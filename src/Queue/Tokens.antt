-- ===== src/Queue/Tokens.antt =====
-- How often the threads of a pool are on offer: the ids in the queue, and those that a caller holds.
use red_giant.Prelude.{
  ℕ, ◌+◌, ◌≡◌, true, false, none, some, List, [], ◌∷◌, ◌++◌, arith, if◌then◌else◌, ◌==◌,
}
use red_giant.Queue.{MessageQueue, returns, pop, push, flush}
use red_giant.Queue.Pool.{ThreadPool}

abbrev pub count_id : ℕ → List ℕ → ℕ
count_id i [] = 0
count_id i (j ∷ l) = (if j == i then 1 else 0) + count_id i l

count_id-append :
    (i : ℕ) (l : List ℕ) (j : ℕ)
    → count_id i (l ++ j ∷ []) ≡ count_id i l + (if j == i then 1 else 0)
count_id-append i [] j = omega arith
count_id-append i (k ∷ l) j = omega (arith, count_id-append i l j)

pub tokens-announces :
    (i j : ℕ) (q q' : MessageQueue ℕ)
    → push i q ≡ returns (true, q')
    → count_id j q'.queue ≡ count_id j q.queue + (if i == j then 1 else 0)
unfolding push
tokens-announces i j q q' h = ground (arith, count_id-append j q.queue i)

pub tokens-schedules :
    (i j : ℕ) (q q' : MessageQueue ℕ)
    → pop q ≡ returns (some i, q')
    → count_id j q.queue ≡ (if i == j then 1 else 0) + count_id j q'.queue
unfolding pop
tokens-schedules i j q q' h = ground arith

pub tokens-push_fails : (i : ℕ) (q q' : MessageQueue ℕ) → push i q ≡ returns (false, q') → q' ≡ q
unfolding push
tokens-push_fails i q q' h = ground arith

pub tokens-drops : (q q' : MessageQueue ℕ) → pop q ≡ returns (none, q') → q' ≡ q
unfolding pop
tokens-drops q q' h = ground arith

pub push-alive :
    (i : ℕ) (q q' : MessageQueue ℕ)
    → push i q ≡ returns (true, q')
    → (q.alive ≡ true) × (q'.alive ≡ true)
unfolding push
push-alive i q q' h = ground arith

pub pop-alive : (i : ℕ) (q q' : MessageQueue ℕ) → pop q ≡ returns (some i, q') → q'.alive ≡ q.alive
unfolding pop
pop-alive i q q' h = ground arith

pub flush-same : (q : MessageQueue ℕ) → ((flush q).queue ≡ q.queue) × ((flush q).alive ≡ false)
unfolding flush
flush-same q = ground arith

module _ {Job : Type 0} where
  abbrev pub count_handed : ℕ → List (ℕ × Job) → ℕ
  count_handed i [] = 0
  count_handed i (h ∷ l) = (if h.0 == i then 1 else 0) + count_handed i l

  -- How often a thread can still be handed a job.
  abbrev pub tokens : ℕ → ThreadPool Job → ℕ
  tokens i s = count_id i s.queue.queue + count_handed i s.handed

  pub count_handed-middle :
      (i : ℕ) (a b : List (ℕ × Job)) (h : ℕ × Job)
      → count_handed i (a ++ (h ∷ b)) ≡ count_handed i (a ++ b) + (if h.0 == i then 1 else 0)
  count_handed-middle i [] b h = omega arith
  count_handed-middle i (k ∷ a) b h = omega (arith, count_handed-middle i a b h)
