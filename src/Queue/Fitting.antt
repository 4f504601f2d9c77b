-- ===== src/Queue/Fitting.antt =====
-- What the threads of a pool have at each place, where none has woken unasked: whether they are on
-- offer, have a job, and are still to be notified.
use mathlib.Core.Path.{subst}
use red_giant.Prelude.{
  ℕ, suc, ◌≡◌, ◌⊎◌, refl, Bool, true, false, Option, none, some, arith, ◌==◌, Bool-cases, inl, inr,
  ◌≤◌,
}
use red_giant.Queue.Pool.{
  Place, pushing, locking, waiting, awake, ended, running, ThreadExecutor, ThreadPool,
  with_executor, wake,
}
use red_giant.Queue.Tokens.{tokens}
use red_giant.Wand.Fuel.{==→≡}

module _ {Job : Type 0} where
  -- A thread on its way to `wait`, or there: it is on offer, or has been given a job.
  abbrev pub Waits : Option Job → ℕ → ℕ → Type 0
  Waits none tokens due = (tokens ≡ 1) × (due ≡ 0)
  Waits (some job) tokens due = (tokens ≡ 0) × (due ≤ 1)

  abbrev pub Woken : Option Job → ℕ → ℕ → Type 0
  Woken none tokens due = ⊥
  Woken (some job) tokens due = (tokens ≡ 0) × (due ≡ 0)

  -- What a thread that was not stopped has at a place: its job, how often it is on offer, and the
  -- notifications that are due.
  abbrev pub Works : Place Job → Option Job → ℕ → ℕ → Type 0
  Works pushing job tokens due = (job ≡ none) × (tokens ≡ 0) × (due ≡ 0)
  Works (running j) job tokens due = (job ≡ none) × (tokens ≡ 0) × (due ≡ 0)
  Works ended job tokens due = (job ≡ none) × (tokens ≡ 0) × (due ≡ 0)
  Works locking job tokens due = Waits job tokens due
  Works waiting job tokens due = Waits job tokens due
  Works awake job tokens due = Woken job tokens due

  -- A job excludes an offer.
  abbrev pub Holds : Option Job → ℕ → Type 0
  Holds none tokens = tokens ≤ 1
  Holds (some job) tokens = tokens ≡ 0

  -- The same for one that was stopped; it pushes its id in vain.
  abbrev pub Halts : Place Job → Option Job → ℕ → Bool → Type 0
  Halts pushing job tokens alive = (job ≡ none) × (tokens ≡ 0) × (alive ≡ false)
  Halts (running j) job tokens alive = (job ≡ none) × (tokens ≡ 0) × (alive ≡ false)
  Halts ended job tokens alive = Holds job tokens
  Halts locking job tokens alive = Holds job tokens
  Halts waiting job tokens alive = Holds job tokens
  Halts awake job tokens alive = Holds job tokens

  abbrev pub Fits : Bool → Place Job → Option Job → ℕ → ℕ → Bool → Type 0
  Fits true p j t n alive = Works p j t n
  Fits false p j t n alive = Halts p j t alive

  abbrev pub IsFitting : ThreadExecutor Job → ℕ → Bool → Type 0
  IsFitting e t alive = Fits e.active e.place e.job t e.due alive

  abbrev pub AllFit : ThreadPool Job → Type 0
  AllFit s = (i : ℕ) → IsFitting (s.executors i) (tokens i s) s.queue.alive

  -- Every executor fits after one has changed.
  pub with_executor-AllFit :
      (k : ℕ) (e : ThreadExecutor Job) (s : ThreadPool Job)
      → IsFitting e (tokens k s) s.queue.alive
      → ((i : ℕ) → (k == i) ≡ false → IsFitting (s.executors i) (tokens i s) s.queue.alive)
      → AllFit (with_executor k e s)
  with_executor-AllFit k e s h a i = elim (Bool-cases (k == i)) [
    | inl c ↦ rw c (subst (λ j. IsFitting e (tokens j s) s.queue.alive) (==→≡ k i c) h)
    | inr c ↦ rw c (a i c)
  ]

  -- An executor that has not changed fits a queue with as many of its ids.
  pub unchanged-IsFitting :
      (e : ThreadExecutor Job) (t t' : ℕ) (a a' : Bool)
      → t ≡ t'
      → a ≡ a'
      → IsFitting e t a
      → IsFitting e t' a'
  unchanged-IsFitting e t t' a a' h k f =
      subst (IsFitting e t') k (subst (λ u. IsFitting e u a) h f)

  -- The executor at a place that is known.
  pub Fits-at :
      (i : ℕ) (p : Place Job) (s : ThreadPool Job)
      → AllFit s
      → (s.executors i).place ≡ p
      → Fits
          (s.executors i).active
          p
          (s.executors i).job
          (tokens i s)
          (s.executors i).due
          s.queue.alive
  Fits-at i p s f h =
      subst
        (λ q.
          Fits (s.executors i).active q (s.executors i).job (tokens i s) (s.executors i).due
            s.queue.alive)
        h (f i)

  pub Holds-zero : (j : Option Job) (t : ℕ) → t ≡ 0 → Holds j t
  Holds-zero none t h = omega (arith, h)
  Holds-zero (some job) t h = h

  Holds-schedule : (job : Job) (j : Option Job) (t : ℕ) → Holds j (suc t) → Holds (some job) t
  Holds-schedule job none t h = omega (arith, h)
  Holds-schedule job (some k) t h = absurd (omega (arith, h))

  -- A thread that is on offer waits for a job, and has it afterwards.
  pub schedule-Fits :
      (a : Bool) (p : Place Job) (job : Job) (j : Option Job) (t n : ℕ) (alive : Bool)
      → Fits a p j (suc t) n alive
      → Fits a p (some job) t (suc n) alive
  schedule-Fits true pushing job j t n l f = absurd (omega (arith, f.1))
  schedule-Fits true (running k) job j t n l f = absurd (omega (arith, f.1))
  schedule-Fits true ended job j t n l f = absurd (omega (arith, f.1))
  schedule-Fits true locking job none t n l f = (omega (arith, f.0), omega (arith, f.1))
  schedule-Fits true waiting job none t n l f = (omega (arith, f.0), omega (arith, f.1))
  schedule-Fits true locking job (some k) t n l f = absurd (omega (arith, f.0))
  schedule-Fits true waiting job (some k) t n l f = absurd (omega (arith, f.0))
  schedule-Fits true awake job none t n l f = absurd f
  schedule-Fits true awake job (some k) t n l f = absurd (omega (arith, f.0))
  schedule-Fits false pushing job j t n l f = absurd (omega (arith, f.1))
  schedule-Fits false (running k) job j t n l f = absurd (omega (arith, f.1))
  schedule-Fits false ended job j t n l f = Holds-schedule job j t f
  schedule-Fits false locking job j t n l f = Holds-schedule job j t f
  schedule-Fits false waiting job j t n l f = Holds-schedule job j t f
  schedule-Fits false awake job j t n l f = Holds-schedule job j t f

  pub notify-Fits :
      (a : Bool) (p : Place Job) (j : Option Job) (t n : ℕ) (alive : Bool)
      → Fits a p j t (suc n) alive
      → Fits a (wake p) j t n alive
  unfolding wake
  notify-Fits true pushing j t n l f = absurd (omega (arith, f.2))
  notify-Fits true (running k) j t n l f = absurd (omega (arith, f.2))
  notify-Fits true ended j t n l f = absurd (omega (arith, f.2))
  notify-Fits true locking none t n l f = absurd (omega (arith, f.1))
  notify-Fits true waiting none t n l f = absurd (omega (arith, f.1))
  notify-Fits true locking (some k) t n l f = (f.0, omega (arith, f.1))
  notify-Fits true waiting (some k) t n l f = (f.0, omega (arith, f.1))
  notify-Fits true awake none t n l f = absurd f
  notify-Fits true awake (some k) t n l f = absurd (omega (arith, f.1))
  notify-Fits false pushing j t n l f = f
  notify-Fits false (running k) j t n l f = f
  notify-Fits false ended j t n l f = f
  notify-Fits false locking j t n l f = f
  notify-Fits false waiting j t n l f = f
  notify-Fits false awake j t n l f = f

  pub stop-Halts :
      (p : Place Job) (j : Option Job) (t n : ℕ) → Works p j t n → Halts (wake p) j t false
  unfolding wake
  stop-Halts pushing j t n f = (f.0, f.1, refl)
  stop-Halts (running k) j t n f = (f.0, f.1, refl)
  stop-Halts ended j t n f = Holds-zero j t f.1
  stop-Halts locking none t n f = omega (arith, f.0)
  stop-Halts waiting none t n f = omega (arith, f.0)
  stop-Halts locking (some k) t n f = f.0
  stop-Halts waiting (some k) t n f = f.0
  stop-Halts awake none t n f = absurd f
  stop-Halts awake (some k) t n f = f.0

  pub flush-Fits :
      (a : Bool) (p : Place Job) (j : Option Job) (t n : ℕ) (alive : Bool)
      → Fits a p j t n alive
      → Fits a p j t n false
  flush-Fits true p j t n l f = f
  flush-Fits false pushing j t n l f = (f.0, f.1, refl)
  flush-Fits false (running k) j t n l f = (f.0, f.1, refl)
  flush-Fits false ended j t n l f = f
  flush-Fits false locking j t n l f = f
  flush-Fits false waiting j t n l f = f
  flush-Fits false awake j t n l f = f

  pub announce-Fits :
      (a : Bool) (j : Option Job) (t n : ℕ) (alive : Bool)
      → Fits a pushing j t n alive
      → alive ≡ true
      → Fits a locking j (suc t) n true
  announce-Fits true none t n l f h = (omega (arith, f.1), f.2)
  announce-Fits true (some k) t n l f h = absurd (ground (arith, f.0))
  announce-Fits false j t n l f h = absurd (ground (arith, f.2, h))

  pub announce_fails-Fits :
      (a : Bool) (j : Option Job) (t n : ℕ) (alive : Bool)
      → Fits a pushing j t n alive
      → Fits a ended j t n alive
  announce_fails-Fits true j t n l f = f
  announce_fails-Fits false j t n l f = Holds-zero j t f.1

  pub finish-Fits :
      (a : Bool) (job : Job) (j : Option Job) (t n : ℕ) (alive : Bool)
      → Fits a (running job) j t n alive
      → Fits a pushing j t n alive
  finish-Fits true job j t n l f = f
  finish-Fits false job j t n l f = f

  pub Woken-some :
      (j : Option Job) (t n : ℕ) → Woken j t n → (job : Job) × (j ≡ some job) × (t ≡ 0) × (n ≡ 0)
  Woken-some none t n w = absurd w
  Woken-some (some job) t n w = (job, refl, w.0, w.1)

  pub run-Fits :
      (a : Bool) (job : Job) (t n : ℕ) (alive : Bool)
      → a ≡ true
      → t ≡ 0
      → n ≡ 0
      → Fits a (running job) none t n alive
  run-Fits true job t n l h k o = (refl, k, o)
  run-Fits false job t n l h k o = absurd (ground (arith, h))

  pub Holds-once : (j : Option Job) (t : ℕ) → Holds j t → (t ≤ 1) × (t ≡ 1 → j ≡ none)
  Holds-once none t h = (h, λ k. refl)
  Holds-once (some job) t h = (omega (arith, h), λ k. absurd (omega (arith, h, k)))

  -- What follows from the table: a thread is on offer once at most, then without a job, and, if it
  -- was not stopped, before its `wait` or at it.
  pub Fits-once :
      (a : Bool) (p : Place Job) (j : Option Job) (t n : ℕ) (alive : Bool)
      → Fits a p j t n alive
      → (t ≤ 1) × (t ≡ 1 → j ≡ none) × (t ≡ 1 → (p ≡ locking) ⊎ (p ≡ waiting) ⊎ (a ≡ false))
  Fits-once true pushing j t n l f =
      (omega (arith, f.1), λ h. f.0, λ h. absurd (omega (arith, f.1, h)))
  Fits-once true (running k) j t n l f =
      (omega (arith, f.1), λ h. f.0, λ h. absurd (omega (arith, f.1, h)))
  Fits-once true ended j t n l f =
      (omega (arith, f.1), λ h. f.0, λ h. absurd (omega (arith, f.1, h)))
  Fits-once true locking none t n l f = (omega (arith, f.0), λ h. refl, λ h. inl refl)
  Fits-once true waiting none t n l f = (omega (arith, f.0), λ h. refl, λ h. inr (inl refl))
  Fits-once true locking (some k) t n l f =
      (omega (arith, f.0), λ h. absurd (omega (arith, f.0, h)), λ h. inl refl)
  Fits-once true waiting (some k) t n l f =
      (omega (arith, f.0), λ h. absurd (omega (arith, f.0, h)), λ h. inr (inl refl))
  Fits-once true awake none t n l f = absurd f
  Fits-once true awake (some k) t n l f =
      (omega (arith, f.0), λ h. absurd (omega (arith, f.0, h)), λ h. absurd (omega (arith, f.0, h)))
  Fits-once false pushing j t n l f = (omega (arith, f.1), λ h. f.0, λ h. inr (inr refl))
  Fits-once false (running k) j t n l f = (omega (arith, f.1), λ h. f.0, λ h. inr (inr refl))
  Fits-once false ended j t n l f = let o = Holds-once j t f in (o.0, o.1, λ h. inr (inr refl))
  Fits-once false locking j t n l f = let o = Holds-once j t f in (o.0, o.1, λ h. inr (inr refl))
  Fits-once false waiting j t n l f = let o = Holds-once j t f in (o.0, o.1, λ h. inr (inr refl))
  Fits-once false awake j t n l f = let o = Holds-once j t f in (o.0, o.1, λ h. inr (inr refl))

★ ★ ★ ★ ★

▶ _What the task asks_: Set down precisely the lines above between the line holding "i s) s.queue.alive)" and the line holding "with_executor-AllFit k e", inclusive, and nothing beyond them.

▶ _Exercise answer_:
      → ((i : ℕ) → (k == i) ≡ false → IsFitting (s.executors i) (tokens i s) s.queue.alive)
      → AllFit (with_executor k e s)
  with_executor-AllFit k e s h a i = elim (Bool-cases (k == i)) [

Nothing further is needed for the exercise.